Advanced Search  |  Sitemap  |  Contact Us
  
 

FOLLOW US

Subscription required for full online access

Current subscribers to the Buffalo Law Journal, click here to create an account for full online access.

Not a subscriber? Click here to see subscription options. Questions about your online access? Call us at 716-541-1650.

Bizjournals Legal News

Google Legal News

Featured News - Current News - Archived News - News Categories

Bucky Phillips appeals NY murder conviction

Thu, Oct 23rd 2008 12:00 am
By BEN DOBBIN
Associated Press

ROCHESTER - A former fugitive convicted of killing a New York state trooper and wounding two others in 2006 argued in an appeal Monday that he never admitted in his plea his intention to kill anyone.

Ralph "Bucky" Phillips is serving a life sentence without possibility of parole after telling a judge in November 2006 that he was "guilty as hell" of a litany of charges. But Phillips, 46, maintains he entered the pleas only because he got bad advice from a court-appointed lawyer.

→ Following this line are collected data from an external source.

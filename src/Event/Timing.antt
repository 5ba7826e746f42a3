-- ===== src/Event/Timing.antt =====
-- src/native/native_promise.c and src/runtime/vm_event.c: the timers: a timer scheduled, cleared, taken to fire
-- and armed again. The time at which a timer is due, a sum of doubles, is an argument.
use cscript.Prelude.{
  ℕ, zero, suc, ◌^◌, Bool, false, not, ◌&&◌, ◌||◌, List, [], ◌∷◌, length, get_or, ltb, ◌==◌,
  if◌then◌else◌, Option, none, some,
}
use cscript.Value.{Value, undefined, number}
use cscript.Event.{Timer, Timers}

-- `CS_TIMERS_MAX`
abbrev pub timers_max : ℕ
timers_max = 1024

-- The bit patterns of infinity, of -0 and of 1.
abbrev infinity : ℕ
infinity = 9218868437227405312

abbrev negative_zero : ℕ
negative_zero = 2 ^ 63

abbrev one : ℕ
one = 4607182418800017408

-- `delay < 0 || delay != delay`: what is above infinity is a NaN or has the sign.
abbrev pub delay_of : ℕ → ℕ
delay_of bits = if bits == negative_zero then bits else if ltb infinity bits then 0 else bits

-- `delay > 1 ? delay : 1`, of a delay that is a number, where -0 is not above 1.
abbrev pub interval_of : ℕ → ℕ
interval_of delay = if ltb one delay && not (delay == negative_zero) then delay else one

-- The test of the loop that makes room: the timer at hand is to come after the new one.
abbrev pub is_after : Timer → Timer → Bool
is_after old new = ltb new.due old.due || old.due == new.due && ltb new.sequence old.sequence

abbrev pub no_timer : Timer
no_timer = record {
  due = 0;
  sequence = 0;
  id = 0;
  callback = undefined;
  cancelled = false;
  repeat = 0;
}

-- The loop that finds the place of a new timer, from the end of the array.
unfoldable pub seat : Timer → List Timer → ℕ → ℕ
seat new entries zero = 0
seat new entries (suc at) =
    let rest = seat new entries at in
    if is_after (get_or entries at no_timer) new then rest else suc at

-- What the loop has moved up, with the timer in its place.
unfoldable pub insert_at : ℕ → Timer → List Timer → List Timer
insert_at zero new entries = new ∷ entries
insert_at (suc at) new [] = new ∷ []
insert_at (suc at) new (t ∷ entries) = t ∷ insert_at at new entries

abbrev pub insert : Timer → List Timer → List Timer
insert new entries = insert_at (seat new entries (length entries)) new entries

abbrev pub delay_argument : List Value → ℕ
delay_argument (callback ∷ number bits ∷ rest) = delay_of bits
delay_argument args = 0

abbrev pub with_timer : Timer → Timers → Timers
with_timer new ts = record ts {
  entries = insert new ts.entries;
  next_sequence = suc ts.next_sequence;
  next_id = suc ts.next_id;
}

-- `scheduleTimer`, with the sum of doubles and the reading of the clock; `none` is an error reported.
unfoldable pub schedule : (ℕ → ℕ → ℕ) → ℕ → Bool → List Value → Timers → Option (Timers × ℕ)
schedule add now repeating [] ts = none
schedule add now repeating (callback ∷ args) ts =
    let delay = delay_argument (callback ∷ args) in
    if length ts.entries == timers_max
    then none
    else some (
      with_timer
          (record {
            due = add now delay;
            sequence = ts.next_sequence;
            id = ts.next_id;
            callback = callback;
            cancelled = false;
            repeat = if repeating then interval_of delay else 0;
          })
          ts,
      ts.next_id,
    )

unfoldable pub remove : ℕ → List Timer → List Timer
remove id [] = []
remove id (t ∷ entries) = let rest = remove id entries in if t.id == id then entries else t ∷ rest

abbrev pub is_firing : ℕ → Option ℕ → Bool
is_firing id none = false
is_firing id (some firing) = id == firing

abbrev pub clear_id : Option ℕ → Timers → Timers
clear_id none ts = ts
clear_id (some id) ts = record ts {
  entries = remove id ts.entries;
  firing_cancelled = is_firing id ts.firing || ts.firing_cancelled;
}

-- `clearTimeoutNative`, with the conversion of a double to the `int` of a handle, which is none below
-- zero. An id of -1 would set a flag that is reset before it is read.
unfoldable pub clear : (ℕ → Option ℕ) → List Value → Timers → Timers
clear to_int (number bits ∷ args) ts = clear_id (to_int bits) ts
clear to_int args ts = ts

-- A timer is taken off the queue before its callback runs.
abbrev pub take_first : Timer → List Timer → Timers → Timers
take_first t rest ts = record ts { entries = rest; firing = some t.id; firing_cancelled = false }

-- What follows a callback: the timer that fired is armed again if it is an interval that was not stopped.
unfoldable pub rearm : (ℕ → ℕ → ℕ) → ℕ → Timer → Timers → Timers
rearm add now t ts =
    let idle : Timers = record ts { firing = none; firing_cancelled = false } in
    if ltb 0 t.repeat && (not ts.firing_cancelled && ltb (length ts.entries) timers_max)
    then record idle {
      entries =
          insert (record t { due = add now t.repeat; sequence = ts.next_sequence }) ts.entries;
      next_sequence = suc ts.next_sequence;
    }
    else idle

At a hearing before the Appellate Division of state Supreme Court, his attorney maintained that Phillips never admitted "he intended to kill anyone" nor "knew or reasonably should have known" the two men he shot as they staked out his former girlfriend's home in rural Chautauqua County were police officers.

Prosecutors countered that Phillips' guilty plea was legally sufficient.

"He's saying he was never asked that question ... ‘Did you intend to kill?' " county District Attorney David Foley said. "My argument is ... if you aim a gun that you know can kill someone at a human being, you can infer from those facts that he intended to kill."

According to the statute, Foley argued, "it's not what Mr. Phillips says now subjectively, it's what a reasonable person would believe. And that's a legal standard, it's an objective standard."

The appeals court is likely to decide in about a month whether to overturn Phillips' convictions.

A career criminal, Phillips escaped from the Erie County Correctional Facility in Alden in April 2006, using an industrial can opener to cut a hole in a kitchen ceiling. While on the run, he was stopped in a stolen car in June and opened fire on Trooper Sean Brown, who was wounded in the abdomen but survived.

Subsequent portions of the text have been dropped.